Pakistani Teenager Overcomes Disability with His Feet

He could have gone through life feeling sorry for himself. He had the perfect excuse, after all — he was born without hands. But his father would have none of it.

Umer Javaid’s father taught him to use his feet for everything usually done with hands: eating with a fork, drinking out of a glass, typing, painting, throwing a ball and playing video games.

Today, he is so used to it, he hardly thinks about his missing limbs.

And even though he is only in the ninth grade, he is already on the road to financial independence.

“I once made a painting that was sold for 5,000 rupees ($50),” he said. “I have already sold 155 of my paintings.”

Javaid’s story, however, is hardly representative of life for the disabled in Pakistan.

Related Article: Learning Disability: Things we need to know

Activists lament that the country lacks the most basic understanding of disabilities, or how best to use resources to deal with them.

Asim Zafar, president of a local NGO for the disabled called Saaya, recalls that his parents and grandparents spent all their savings trying to cure his polio before finding out that the disease had no cure.

On a larger scale, a lack of reliable data reflects the society’s lack of interest in its disabled population.

No recent numbers

The last census in Pakistan was done in 1998. Since then, no new data has been collected on the number of disabled. People rely on a World Health Organization report from 2010 that says that about 15 percent of the world population is somewhat disabled, and 2 to 4 percent severely disabled.

Wheel chair distribution at Saaya, a NGO in Pakistan. Image source: Saaya association.com
Wheel chair distribution Ceremony at Saaya, a NGO in Pakistan. Image source: Saaya association.com

It does point out that the numbers are not evenly distributed around the world, and that vulnerable populations are more at risk.

Given the number of suicide attacks in Pakistan during the last decade, in which more than 50,000 people have died; a devastating earthquake in 2005 that injured more than 100,000; the presence of chronic diseases; and a lackluster health care system to deal with them, many activists fear the disability rate in Pakistan may be much higher than the WHO figures.

No accommodations

Facilities to accommodate all those people, however, remain a dream.

Public spaces, transport and toilets are often not handicapped accessible.
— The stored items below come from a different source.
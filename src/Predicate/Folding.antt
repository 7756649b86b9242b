-- ===== src/Predicate/Folding.antt =====
-- The shortcut of the case-folding comparison (crates/cq-core/src/predicate.rs).
use cqserver.Prelude.{ℕ, ◌≡◌, refl, true, false, [], ◌∷◌, ◌++◌, arith, inl, inr, Bool-cases, length}
use cqserver.Predicate.Values.{Str, str_eq, Ops}
use cqserver.Predicate.Strings.{StringFn, char_fn_eq, zip_all, string_fn_apply, string_fn_eq}

str_eq-longer : (t more : Str) (c : ℕ) → str_eq t (t ++ c ∷ more) ≡ false
str_eq-longer [] more c = refl
str_eq-longer (a ∷ t) more c = ground (arith, str_eq-longer t more c)

module _ {F R : Type 0} (ops : Ops F R) (func : StringFn) where
  zip_all-longer :
      (s t more : Str)
      → length s ≡ length t
      → zip_all ops func s t ≡ true
      → zip_all ops func s (t ++ more) ≡ true
  unfolding zip_all
  zip_all-longer [] t more len z = refl
  zip_all-longer (a ∷ s) [] more len z = absurd (omega (arith, len))
  zip_all-longer (a ∷ s) (b ∷ t) more len z = elim (Bool-cases (char_fn_eq ops func a b)) [
    | inl same ↦
        let z' : zip_all ops func s t ≡ true = ground (arith, same, z) in
        rw same (zip_all-longer s t more (omega (arith, len)) z')
    | inr other ↦ absurd (ground (arith, other, z))
  ]

  -- Where a text and a longer literal take as many bytes, and the literal begins with the text's case
  -- mapping, character by character, the shortcut calls them equal, although the literal goes on.
  pub string_fn_eq-longer :
      (s t more : Str) (c : ℕ)
      → string_fn_apply ops func s ≡ t
      → length s ≡ length t
      → zip_all ops func s t ≡ true
      → ops.byte_len s ≡ ops.byte_len (t ++ c ∷ more)
      → (string_fn_eq ops func s (t ++ c ∷ more) ≡ true)
        × (str_eq (string_fn_apply ops func s) (t ++ c ∷ more) ≡ false)
  unfolding string_fn_eq
  string_fn_eq-longer s t more c mapped len z bytes = (
    ground (arith, bytes, zip_all-longer s t (c ∷ more) len z),
    rw mapped (str_eq-longer t more c),
  )
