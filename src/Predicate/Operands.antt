-- ===== src/Predicate/Operands.antt =====
-- Expressions depend on the columns that they name only (crates/cq-core/src/predicate.rs).
use mathlib.Core.Option
use mathlib.Core.Path.{ap₂}
use cqserver.Prelude.{
  ℕ, ◌≡◌, refl, ap, not, ◌&&◌, if◌then◌else◌, Option, none, some, [], ◌++◌, All, All-append,
}
use cqserver.Predicate.Values.{Str, Ops, Row, as_f64}
use cqserver.Predicate.Strings.{
  StringExpr, StringExprs, string_columns, part_columns, slice, eval_string, eval_parts,
}
use cqserver.Predicate.Numbers.{NumExpr, NumExprs, num_columns, parts_columns, eval_num, first_num}

module _ {F R : Type 0} (ops : Ops F R) (row row' : Row F) where
  -- The two rows have the same value in a column.
  abbrev pub Agrees : ℕ → Type 0
  Agrees c = row c ≡ row' c

  mutual
    unfolding string_columns eval_string

    pub eval_string-frame :
        (e : StringExpr)
        → All Agrees (string_columns e)
        → eval_string ops row e ≡ eval_string ops row' e
    eval_string-frame (StringExpr.col c) h = ap (λ cell. cell.string) h.0
    eval_string-frame (StringExpr.lit s) h = refl
    eval_string-frame (StringExpr.to_upper e) h =
        ap (Option.map ops.to_uppercase) (eval_string-frame e h)
    eval_string-frame (StringExpr.to_lower e) h =
        ap (Option.map ops.to_lowercase) (eval_string-frame e h)
    eval_string-frame (StringExpr.substr e start len) h =
        ap (Option.map (λ s. slice s start len)) (eval_string-frame e h)
    eval_string-frame (StringExpr.concat parts) h = ap (λ s. some s) (eval_parts-frame parts h)

    eval_parts-frame :
        (es : StringExprs)
        → All Agrees (part_columns es)
        → eval_parts ops row es ≡ eval_parts ops row' es
    eval_parts-frame StringExprs.nil h = refl
    eval_parts-frame (StringExprs.cons e parts) h =
        let (l, r) = All-append Agrees (string_columns e) (part_columns parts) h in
        ap₂ (λ (x : Option Str) (y : Str). elim x [ none ↦ [] | some s ↦ s ] ++ y)
          (eval_string-frame e l) (eval_parts-frame parts r)

  mutual
    unfolding num_columns eval_num

    pub eval_num-frame :
        (e : NumExpr F) → All Agrees (num_columns e) → eval_num ops row e ≡ eval_num ops row' e
    eval_num-frame (NumExpr.col c) h =
        ap (λ cell. elim (as_f64 ops cell.value) [ some v ↦ v | none ↦ ops.nan ]) h.0
    eval_num-frame (NumExpr.lit v) h = refl
    eval_num-frame (NumExpr.add a b) h =
        let (l, r) = All-append Agrees (num_columns a) (num_columns b) h in
        ap₂ ops.add_f (eval_num-frame a l) (eval_num-frame b r)
    eval_num-frame (NumExpr.sub a b) h =
        let (l, r) = All-append Agrees (num_columns a) (num_columns b) h in
        ap₂ ops.sub_f (eval_num-frame a l) (eval_num-frame b r)
    eval_num-frame (NumExpr.mul a b) h =
        let (l, r) = All-append Agrees (num_columns a) (num_columns b) h in
        ap₂ ops.mul_f (eval_num-frame a l) (eval_num-frame b r)
    eval_num-frame (NumExpr.div a b) h =
        let (l, r) = All-append Agrees (num_columns a) (num_columns b) h in
        ap₂ (λ x y. if ops.eq_f y ops.zero_f then ops.nan else ops.div_f x y) (eval_num-frame a l)
          (eval_num-frame b r)
    eval_num-frame (NumExpr.null_if a b) h =
        let (l, r) = All-append Agrees (num_columns a) (num_columns b) h in
        ap₂
          (λ x y. if not (ops.is_nan x) && (not (ops.is_nan y) && ops.eq_f x y) then ops.nan else x)
          (eval_num-frame a l) (eval_num-frame b r)
    eval_num-frame (NumExpr.neg x) h = ap ops.neg_f (eval_num-frame x h)
    eval_num-frame (NumExpr.abs x) h = ap ops.abs_f (eval_num-frame x h)
    eval_num-frame (NumExpr.round x) h = ap ops.round_f (eval_num-frame x h)
    eval_num-frame (NumExpr.floor x) h = ap ops.floor_f (eval_num-frame x h)
    eval_num-frame (NumExpr.ceil x) h = ap ops.ceil_f (eval_num-frame x h)
    eval_num-frame (NumExpr.coalesce parts) h = first_num-frame parts h
    eval_num-frame (NumExpr.now_micros t) h = refl

    first_num-frame :
        (es : NumExprs F)
        → All Agrees (parts_columns es)
        → first_num ops row es ≡ first_num ops row' es
    first_num-frame NumExprs.nil h = refl
    first_num-frame (NumExprs.cons e parts) h =
        let (l, r) = All-append Agrees (num_columns e) (parts_columns parts) h in
        ap₂ (λ x y. if not (ops.is_nan x) then x else y) (eval_num-frame e l)
          (first_num-frame parts r)
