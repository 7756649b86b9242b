-- ===== src/Predicate/Frame.antt =====
-- A predicate depends on the columns that it names only, which lets an update that touches none of
-- them skip it (crates/cq-core/src/predicate.rs).
use cqserver.Prelude.{◌≡◌, refl, ap, not, ◌&&◌, if◌then◌else◌, All, All-append}
use cqserver.Predicate.Values.{Ops, Row}
use cqserver.Predicate.Numbers.{apply_f64}
use cqserver.Predicate.Compiled.{CompiledPredicate, collect_referenced, referenced_columns}
use cqserver.Predicate.Evaluation.{matches_3vl, matches}
use cqserver.Predicate.Leaf.{unknown, tri, matches_leaf_bool}
use cqserver.Predicate.Operands.{Agrees, eval_string-frame, eval_num-frame}
use cqserver.Predicate.Columns.{All-referenced}

module _ {F R : Type 0} (ops : Ops F R) (row row' : Row F) where
  collected :
      (p : CompiledPredicate F R)
      → All (Agrees ops row row') (collect_referenced p)
      → matches_3vl ops row p ≡ matches_3vl ops row' p
  unfolding matches_3vl collect_referenced
  collected (CompiledPredicate.eq_double col value) h =
      ap (λ c. matches_3vl ops (λ _. c) (CompiledPredicate.eq_double col value)) h.0
  collected (CompiledPredicate.neq_double col value) h =
      ap (λ c. matches_3vl ops (λ _. c) (CompiledPredicate.neq_double col value)) h.0
  collected (CompiledPredicate.lt_double col value) h =
      ap (λ c. matches_3vl ops (λ _. c) (CompiledPredicate.lt_double col value)) h.0
  collected (CompiledPredicate.le_double col value) h =
      ap (λ c. matches_3vl ops (λ _. c) (CompiledPredicate.le_double col value)) h.0
  collected (CompiledPredicate.gt_double col value) h =
      ap (λ c. matches_3vl ops (λ _. c) (CompiledPredicate.gt_double col value)) h.0
  collected (CompiledPredicate.ge_double col value) h =
      ap (λ c. matches_3vl ops (λ _. c) (CompiledPredicate.ge_double col value)) h.0
  collected (CompiledPredicate.between_double col low high) h =
      ap (λ c. matches_3vl ops (λ _. c) (CompiledPredicate.between_double col low high)) h.0
  collected (CompiledPredicate.eq_long col value) h =
      ap (λ c. matches_3vl ops (λ _. c) (CompiledPredicate.eq_long col value)) h.0
  collected (CompiledPredicate.neq_long col value) h =
      ap (λ c. matches_3vl ops (λ _. c) (CompiledPredicate.neq_long col value)) h.0
  collected (CompiledPredicate.lt_long col value) h =
      ap (λ c. matches_3vl ops (λ _. c) (CompiledPredicate.lt_long col value)) h.0
  collected (CompiledPredicate.le_long col value) h =
      ap (λ c. matches_3vl ops (λ _. c) (CompiledPredicate.le_long col value)) h.0
  collected (CompiledPredicate.gt_long col value) h =
      ap (λ c. matches_3vl ops (λ _. c) (CompiledPredicate.gt_long col value)) h.0
  collected (CompiledPredicate.ge_long col value) h =
      ap (λ c. matches_3vl ops (λ _. c) (CompiledPredicate.ge_long col value)) h.0
  collected (CompiledPredicate.between_long col low high) h =
      ap (λ c. matches_3vl ops (λ _. c) (CompiledPredicate.between_long col low high)) h.0
  collected (CompiledPredicate.eq_string col value) h =
      ap (λ c. matches_3vl ops (λ _. c) (CompiledPredicate.eq_string col value)) h.0
  collected (CompiledPredicate.neq_string col value) h =
      ap (λ c. matches_3vl ops (λ _. c) (CompiledPredicate.neq_string col value)) h.0
  collected (CompiledPredicate.in_string col values) h =
      ap (λ c. matches_3vl ops (λ _. c) (CompiledPredicate.in_string col values)) h.0
  collected (CompiledPredicate.in_long col values) h =
      ap (λ c. matches_3vl ops (λ _. c) (CompiledPredicate.in_long col values)) h.0
  collected (CompiledPredicate.in_double col values) h =
      ap (λ c. matches_3vl ops (λ _. c) (CompiledPredicate.in_double col values)) h.0
  collected (CompiledPredicate.in_bool col values) h =
      ap (λ c. matches_3vl ops (λ _. c) (CompiledPredicate.in_bool col values)) h.0
  collected (CompiledPredicate.eq_bool col value) h =
      ap (λ c. matches_3vl ops (λ _. c) (CompiledPredicate.eq_bool col value)) h.0
  collected (CompiledPredicate.neq_bool col value) h =
      ap (λ c. matches_3vl ops (λ _. c) (CompiledPredicate.neq_bool col value)) h.0
  collected (CompiledPredicate.eq_timestamp col value) h =
      ap (λ c. matches_3vl ops (λ _. c) (CompiledPredicate.eq_timestamp col value)) h.0
  collected (CompiledPredicate.neq_timestamp col value) h =
      ap (λ c. matches_3vl ops (λ _. c) (CompiledPredicate.neq_timestamp col value)) h.0
  collected (CompiledPredicate.lt_timestamp col value) h =
      ap (λ c. matches_3vl ops (λ _. c) (CompiledPredicate.lt_timestamp col value)) h.0
  collected (CompiledPredicate.le_timestamp col value) h =
      ap (λ c. matches_3vl ops (λ _. c) (CompiledPredicate.le_timestamp col value)) h.0
  collected (CompiledPredicate.gt_timestamp col value) h =
      ap (λ c. matches_3vl ops (λ _. c) (CompiledPredicate.gt_timestamp col value)) h.0
  collected (CompiledPredicate.ge_timestamp col value) h =
      ap (λ c. matches_3vl ops (λ _. c) (CompiledPredicate.ge_timestamp col value)) h.0
  collected (CompiledPredicate.between_timestamp col low high) h =
      ap (λ c. matches_3vl ops (λ _. c) (CompiledPredicate.between_timestamp col low high)) h.0
  collected (CompiledPredicate.in_timestamp col values) h =
      ap (λ c. matches_3vl ops (λ _. c) (CompiledPredicate.in_timestamp col values)) h.0
  collected (CompiledPredicate.like col pattern) h =
      ap (λ c. matches_3vl ops (λ _. c) (CompiledPredicate.like col pattern)) h.0
  collected (CompiledPredicate.regex col pattern) h =
      ap (λ c. matches_3vl ops (λ _. c) (CompiledPredicate.regex col pattern)) h.0
  collected (CompiledPredicate.eq_string_fn col func value) h =
      ap (λ c. matches_3vl ops (λ _. c) (CompiledPredicate.eq_string_fn col func value)) h.0
  collected (CompiledPredicate.neq_string_fn col func value) h =
      ap (λ c. matches_3vl ops (λ _. c) (CompiledPredicate.neq_string_fn col func value)) h.0
  collected (CompiledPredicate.like_string_fn col func pattern) h =
      ap (λ c. matches_3vl ops (λ _. c) (CompiledPredicate.like_string_fn col func pattern)) h.0
  collected (CompiledPredicate.length_cmp col op value) h =
      ap (λ c. matches_3vl ops (λ _. c) (CompiledPredicate.length_cmp col op value)) h.0
  collected (CompiledPredicate.compare_num e op value) h =
      ap (λ v. if ops.is_nan v then unknown else tri (apply_f64 ops op v value))
        (eval_num-frame ops row row' e h)
  collected (CompiledPredicate.between_num e low high) h =
      ap
        (λ v.
          if ops.is_nan v
          then unknown
          else tri (not (ops.is_nan v) && (ops.le_f low v && ops.le_f v high)))
        (eval_num-frame ops row row' e h)
  collected (CompiledPredicate.eq_string_expr e value) h =
      rw (eval_string-frame ops row row' e h, matches_leaf_bool) refl
  collected (CompiledPredicate.neq_string_expr e value) h =
      rw (eval_string-frame ops row row' e h, matches_leaf_bool) refl
  collected (CompiledPredicate.like_string_expr e pattern) h =
      rw (eval_string-frame ops row row' e h, matches_leaf_bool) refl
  collected (CompiledPredicate.is_null col) h =
      ap (λ c. matches_3vl ops (λ _. c) (CompiledPredicate.is_null col)) h.0
  collected (CompiledPredicate.is_not_null col) h =
      ap (λ c. matches_3vl ops (λ _. c) (CompiledPredicate.is_not_null col)) h.0
  collected (CompiledPredicate.is_bool col want_true negated) h =
      ap (λ c. matches_3vl ops (λ _. c) (CompiledPredicate.is_bool col want_true negated)) h.0
  collected (CompiledPredicate.and a b) h =
      let (l, r) =
        All-append (Agrees ops row row') (collect_referenced a) (collect_referenced b) h in
      rw (collected a l, collected b r) refl
  collected (CompiledPredicate.or a b) h =
      let (l, r) =
        All-append (Agrees ops row row') (collect_referenced a) (collect_referenced b) h in
      rw (collected a l, collected b r) refl
  collected (CompiledPredicate.negate inner) h = rw (collected inner h) refl
  collected CompiledPredicate.always_true h = refl

  -- Two rows that agree on the columns that a predicate is said to read give it the same three-valued
  -- result, so that an update of other columns cannot change whether the row matches.
  pub referenced_columns-frame :
      (p : CompiledPredicate F R)
      → All (Agrees ops row row') (referenced_columns p)
      → (matches_3vl ops row p ≡ matches_3vl ops row' p) × (matches ops row p ≡ matches ops row' p)
  unfolding matches
  referenced_columns-frame p h =
      let same = collected p (All-referenced (Agrees ops row row') p h) in
      (same, rw (same, matches) refl)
Regular schools are not designed to accommodate disabled children.

The government provides special schools for the disabled, but they are limited to relatively bigger cities and have limited capacity. Even that facility ends at 10th grade.

“When they go to a regular institution after 10th grade, they encounter a completely different environment,” Zafar explained.

Getting to the institution alone was a challenge for those who could not afford a private car or a cab every day. Once there, they had to contend with a lack of toilets for the handicapped, or classes that were up a flight of stairs with no elevator access.

The odds were stacked so high against them, he said, that those who started college were more likely than not to drop out after a few days.

The problems continued into the workplace, where a similar lack of facilities and transportation options kept most disabled people out.

Wheelchairs that could provide freedom and mobility to a person with disabilities were a rarity in Pakistan, according to Zafar. His NGO imported used wheelchairs from Japan and repaired them to hand them out for free to those in need.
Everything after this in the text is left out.